Re: BUG #17255: Server crashes in index_delete_sort_cmp() due to race condition with vacuum

Поиск
Список
Период
Сортировка
От Peter Geoghegan
Тема Re: BUG #17255: Server crashes in index_delete_sort_cmp() due to race condition with vacuum
Дата
Msg-id CAH2-WzmxQMHs9e61Qg0b7admeQc0y+ne_xxAxTLtvmHiJ=FQiA@mail.gmail.com
обсуждение исходный текст
Ответ на Re: BUG #17255: Server crashes in index_delete_sort_cmp() due to race condition with vacuum  (Andres Freund <andres@anarazel.de>)
Ответы Re: BUG #17255: Server crashes in index_delete_sort_cmp() due to race condition with vacuum  (Andres Freund <andres@anarazel.de>)
Re: BUG #17255: Server crashes in index_delete_sort_cmp() due to race condition with vacuum  (Dmitry Dolgov <9erthalion6@gmail.com>)
Список pgsql-bugs
On Fri, Nov 12, 2021 at 2:29 PM Andres Freund <andres@anarazel.de> wrote:
> With subtransactions abort is a bit more complicated than with plain
> transactions. I'm not at all sure a problematic scenario exists, but I
> wouldn't want to rely on it.

What would it actually mean to rely on it, or to not rely on it?

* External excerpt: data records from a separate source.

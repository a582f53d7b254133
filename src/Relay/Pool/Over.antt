-- ===== src/Relay/Pool/Over.antt =====
-- A pool that has closed dials nothing more (src/relay-session.mjs).
use relayswarm.Base.{
  ℕ, ◌∙◌, ◌≡◌, refl, sym, true, false, ◌&&◌, Option, none, some, List, [], ◌∷◌, if_cases, arith,
}
use relayswarm.Relay.Pool.Calls.{is_there, close, on_close}
use relayswarm.Relay.Pool.Frames.{Nostr}
use relayswarm.Relay.Pool.Runs.{
  Happening, connects, opens, ends, receives, subscribes, unsubscribes, publishes, publishes_to,
  listens, unlistens, watches_refusals, unwatches_refusals, watches_opening, unwatches_opening,
  closes, is_calm, perform,
}
use relayswarm.Relay.Pool.Calm.{perform-Calm}
use relayswarm.Relay.Pool.Dialling.{
  Config, Dial, Retry, Answer, pool_closed, Dialler, with_done, answered,
}
use relayswarm.Relay.Pool.Listeners.{
  take_dial, shut_late, opens_dial, dial_opens, fails_dial, dial_fails, socket_ends, take_retry,
  fires_retry, retry_fires, cancelled, connects_after, connect, close_all, DialEvent, fails, fires,
  dial_step, dial_run, acts, dials_by,
}

-- Nothing is pending, and these are all the answers that there are.
pub record IsOver (given : List (ℕ × Answer)) (d : Dialler) : Type 0 where
  pub closed : d.pool.closed ≡ true
  pub connected : d.pool.connected ≡ false
  pub sockets : d.pool.sockets ≡ []
  pub dials : d.dials ≡ []
  pub retries : d.retries ≡ []
  pub connecting : d.connecting ≡ none
  pub answers : d.answers ≡ given

same-IsOver :
    (given : List (ℕ × Answer)) (d e : Dialler)
    → e.pool.closed ≡ d.pool.closed
    → e.pool.connected ≡ d.pool.connected
    → e.pool.sockets ≡ d.pool.sockets
    → e.dials ≡ d.dials
    → e.retries ≡ d.retries
    → e.connecting ≡ d.connecting
    → e.answers ≡ d.answers
    → IsOver given d
    → IsOver given e
same-IsOver given d e p q s x r c a v = record {
  closed = p ∙ v.closed;
  connected = q ∙ v.connected;
  sockets = s ∙ v.sockets;
  dials = x ∙ v.dials;
  retries = r ∙ v.retries;
  connecting = c ∙ v.connecting;
  answers = a ∙ v.answers;
}

-- `close` settles what is pending, once.
close_all-IsOver : (d : Dialler) → IsOver (close_all d).answers (close_all d)
unfolding close_all close
close_all-IsOver d = go d.connecting refl
  where
    go :
        (o : Option ℕ)
        → d.connecting ≡ o
        → IsOver
            (answered o pool_closed (cancelled d)).answers
            (answered o pool_closed (cancelled d))
    go none e = record {
      closed = refl;
      connected = refl;
      sockets = refl;
      dials = refl;
      retries = refl;
      connecting = e;
      answers = refl;
    }
    go (some n) e = record {
      closed = refl;
      connected = refl;
      sockets = refl;
      dials = refl;
      retries = refl;
      connecting = refl;
      answers = refl;
    }

module _ (given : List (ℕ × Answer)) (c : Config) (d : Dialler) (v : IsOver given d) where
  connect-IsOver : IsOver given (connect c d).0
  unfolding connect
  connect-IsOver =
      if_cases (λ a. IsOver given (connects_after c a d)) d.pool.closed (some pool_closed) _
        (λ h. v) (λ h. absurd (cc (v.closed, h)))

  opens-IsOver : (s : ℕ) → IsOver given (dial_opens c s d)
  unfolding dial_opens take_dial
  opens-IsOver s = go d.dials v.dials
    where
      go : (xs : List Dial) → xs ≡ [] → IsOver given (opens_dial c s (take_dial s xs) d)
      go [] e = same-IsOver given d (shut_late s d) refl refl refl refl refl refl refl v
      go (x ∷ xs) e = absurd (cc e)

  fails-IsOver : (s : ℕ) → IsOver given (dial_fails c s d)
  unfolding dial_fails take_dial
  fails-IsOver s = go d.dials v.dials
    where
      go : (xs : List Dial) → xs ≡ [] → IsOver given (fails_dial c s (take_dial s xs) d)
      go [] e = v
      go (x ∷ xs) e = absurd (cc e)

  fires-IsOver : (t : ℕ) → IsOver given (retry_fires t d)
  unfolding retry_fires take_retry
  fires-IsOver t = go d.retries v.retries
    where
      go : (xs : List Retry) → xs ≡ [] → IsOver given (fires_retry (take_retry t xs) d)
      go [] e = v
      go (x ∷ xs) e = absurd (cc e)

  closes-IsOver : IsOver given (close_all d)
  unfolding close_all close
  closes-IsOver = go d.connecting v.connecting
    where
      go : (o : Option ℕ) → o ≡ none → IsOver given (answered o pool_closed (cancelled d))
      go none e =
          same-IsOver given d (cancelled d) (sym v.closed) (sym v.connected) (sym v.sockets)
            (sym v.dials) (sym v.retries) refl refl v
      go (some n) e = absurd (cc e)

  gone-IsOver : (s : ℕ) → IsOver given (with_done (on_close s d.pool) d)
  unfolding on_close
  gone-IsOver s =
      same-IsOver given d (with_done (on_close s d.pool) d) refl refl (rw v.sockets refl) refl refl
        refl refl v

ends-IsOver :
    (given : List (ℕ × Answer)) (c : Config) (d : Dialler) (s : ℕ)
    → IsOver given d
    → IsOver given (socket_ends c s d)
unfolding socket_ends
ends-IsOver given c d s v =
    if_cases (IsOver given) (c.reconnect && d.pool.connected && is_there s d.pool.sockets) _ _
      (λ h. absurd (ground (arith, h, v.connected)))
      (λ h. fails-IsOver given c (with_done (on_close s d.pool) d) (gone-IsOver given c d v s) s)

calm-IsOver :
    (given : List (ℕ × Answer)) (n : Nostr) (a : Happening) (d : Dialler)
    → is_calm a ≡ true
    → IsOver given d
    → IsOver given (with_done (perform n a d.pool) d)
calm-IsOver given n a d h v =
    let k = perform-Calm n a d.pool h in
    same-IsOver given d (with_done (perform n a d.pool) d) k.0 k.1 k.2 refl refl refl refl v

dials_by-IsOver :
    (given : List (ℕ × Answer)) (c : Config) (a : Happening) (d : Dialler)
    → IsOver given d
    → IsOver given (dials_by c a d)
dials_by-IsOver given c connects d v = connect-IsOver given c d v
dials_by-IsOver given c (opens s) d v = opens-IsOver given c d v s
dials_by-IsOver given c (ends s) d v = ends-IsOver given c d s v
dials_by-IsOver given c closes d v = closes-IsOver given c d v
dials_by-IsOver given c (receives t) d v = v
dials_by-IsOver given c (subscribes id f) d v = v
dials_by-IsOver given c (unsubscribes id) d v = v
dials_by-IsOver given c (publishes e) d v = v
dials_by-IsOver given c (publishes_to s e) d v = v
dials_by-IsOver given c (listens h) d v = v
dials_by-IsOver given c (unlistens h) d v = v
dials_by-IsOver given c (watches_refusals h) d v = v
dials_by-IsOver given c (unwatches_refusals h) d v = v
dials_by-IsOver given c (watches_opening h) d v = v
dials_by-IsOver given c (unwatches_opening h) d v = v

dial_step-IsOver :
    (given : List (ℕ × Answer)) (c : Config) (n : Nostr) (e : DialEvent) (d : Dialler)
    → IsOver given d
    → IsOver given (dial_step c n e d)
unfolding dial_step
dial_step-IsOver given c n (acts a) d v =
    if_cases (IsOver given) (is_calm a) (with_done (perform n a d.pool) d) (dials_by c a d)
      (λ h. calm-IsOver given n a d h v) (λ h. dials_by-IsOver given c a d v)
dial_step-IsOver given c n (fails s) d v = fails-IsOver given c d v s
dial_step-IsOver given c n (fires t) d v = fires-IsOver given c d v t

dial_run-IsOver :
    (given : List (ℕ × Answer)) (c : Config) (n : Nostr) (es : List DialEvent) (d : Dialler)
    → IsOver given d
    → IsOver given (dial_run c n es d)
unfolding dial_run
dial_run-IsOver given c n [] d v = v
dial_run-IsOver given c n (e ∷ es) d v =
    dial_run-IsOver given c n es (dial_step c n e d) (dial_step-IsOver given c n e d v)

-- A pool that was closed while it dialled has no socket, dial or retry any more and no call pending,
-- and whatever comes later starts none, and settles no promise again.
pub dial_run-close_all :
    (c : Config) (n : Nostr) (es : List DialEvent) (d : Dialler)
    → IsOver (close_all d).answers (dial_run c n es (close_all d))
dial_run-close_all c n es d =
    dial_run-IsOver (close_all d).answers c n es (close_all d) (close_all-IsOver d)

As I've pointed out many times already, a disconnected heap tuple
cannot be accessed from an index scan -- this is something that you
*can* rely on, because we've performed exactly the same steps as
heap_hot_search_buffer() would in making that determination. When you
talk about what HTSV thinks of the tuple, you're merely talking about
how to behave in the event of a specific form of HOT chain corruption
(a theoretical background risk for HOT chains that's nothing new).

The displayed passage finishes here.